Needless to say, this career is not for everyone. It’s for the super elite (that’s why Tom Wolfe called it “The Right Stuff”). Luckily for science and humanity, there are men and women who are up to the challenge and who are willing to risk their lives in the name of exploration. While they may not have super powers, they do have a superhuman determination to go to space, no matter what the cost.

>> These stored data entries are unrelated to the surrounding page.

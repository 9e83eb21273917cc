-- ===== src/Limits.antt =====
-- apps/api_keys/services/limits.py and deploy/gateway/gateway/limits.py: requests per minute and
-- daily quotas, counted in a cache. A time is a number of microseconds.
pub mod Cache
pub mod Window
pub mod Counter
mod Toy
mod Tests
pub mod Gateway
pub mod Django
pub mod Quota
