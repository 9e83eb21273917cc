-- ===== src/Limits/Window.antt =====
-- A fixed-window counter, whatever store it stands on: how many calls a window admits.
use ai_inference_gateway_pla.Base.{
  ℕ, ◌+◌, ◌/◌, ◌≡◌, ◌≢◌, sym, subst, Bool, List, [], ◌∷◌, arith, leb, ◌==◌, if◌then◌else◌, min, inl,
  inr, Bool-cases, ==_iff,
}

-- `int(time // 60)`
abbrev pub window_of : ℕ → ℕ
window_of t = t / 60000000

-- The calls that were made in a window, and those of them that were admitted.
abbrev pub calls_in : ℕ → List ℕ → ℕ
calls_in w [] = 0
calls_in w (t ∷ ts) = (if window_of t == w then 1 else 0) + calls_in w ts

abbrev pub admitted_in : ℕ → List (ℕ × Bool) → ℕ
admitted_in w [] = 0
admitted_in w ((t, b) ∷ rs) =
    (if b then (if window_of t == w then 1 else 0) else 0) + admitted_in w rs

module _ {S : Type 0} (step : ℕ → S → Bool × S) where
  -- One call after another, at these times, each with its answer.
  pub run_calls : List ℕ → S → List (ℕ × Bool)
  run_calls [] s = []
  run_calls (t ∷ ts) s = (t, (step t s).0) ∷ run_calls ts (step t s).1

  module _ (limit : ℕ) (Counts : ℕ → ℕ → S → Type 0)
      (hit : (t c : ℕ) (s : S)
        → Counts (window_of t) c s
        → ((step t s).0 ≡ leb (c + 1) limit) × Counts (window_of t) (c + 1) (step t s).1)
      (miss : (t w c : ℕ) (s : S) → window_of t ≢ w → Counts w c s → Counts w c (step t s).1) where
    -- From a store that has counted `c` calls of the window.
    run_calls-admits_from :
        (w c : ℕ) (ts : List ℕ) (s : S)
        → Counts w c s
        → admitted_in w (run_calls ts s) + min limit c ≡ min limit (c + calls_in w ts)
    unfolding run_calls
    run_calls-admits_from w c [] s h = omega arith
    run_calls-admits_from w c (t ∷ ts) s h = elim (Bool-cases (window_of t == w)) [
      | inl e ↦
          let q : window_of t ≡ w = (==_iff (window_of t) w).0 e in
          let (answer, kept) = hit t c s (subst (λ v. Counts v c s) (sym q) h) in
          let counted = subst (λ v. Counts v (c + 1) (step t s).1) q kept in
          rw (e, answer) (ground (arith, run_calls-admits_from w (c + 1) ts (step t s).1 counted))
      | inr e ↦
          let apart : window_of t ≢ w = λ q. cc (e, (==_iff (window_of t) w).1 q) in
          rw e (ground (arith, run_calls-admits_from w c ts (step t s).1 (miss t w c s apart h)))
    ]

    -- From a store that has counted no call of the window.
    pub run_calls-admits :
        (w : ℕ) (ts : List ℕ) (s : S)
        → Counts w 0 s
        → admitted_in w (run_calls ts s) ≡ min limit (calls_in w ts)
    run_calls-admits w ts s h = omega (arith, run_calls-admits_from w 0 ts s h)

In 2003 that cost hit Massimino—the NASA community, and the nation—very hard once again. That February, the Columbia space shuttle disintegrated over Texas and Louisiana as it re-entered Earth’s atmosphere, killing all seven crew members. Massimino was with his family in Houston at the time, nowhere near the Kennedy Space Center control room. “I felt completely helpless,” he writes. “I felt like I should be in Florida with the families. I wanted to wake up and find that the whole morning had been a nightmare. We lost seven members of our family that day.” He coped with the loss by joining the investigation committee to determine what happened. It found that foam insulation broke off the shuttle, hitting the wing, which damaged its protective carbon heat shield, letting super heated gases enter the wing and completely erode it. The commission used the shuttle Enterprise to conduct research on the wing. Enterprise now sits at The Intrepid Sea, Air & Space museum in New York City, where Mike also serves as senior space advisor.
It’s clear from his telling that Massimino loves space, the community and family who belong to it, and in particular the Hubble Space Telescope for what it stands for in his thinking. Working on something like Hubble, and what it gave the world, was the reason he worked so hard for so long. “Exploration is what we do,” he writes. “It’s a basic human need—understanding what’s happening at the other end of the galaxy is a path to understanding ourselves, who we are and why we’re here….[T]here was no question, it was worth the risk.”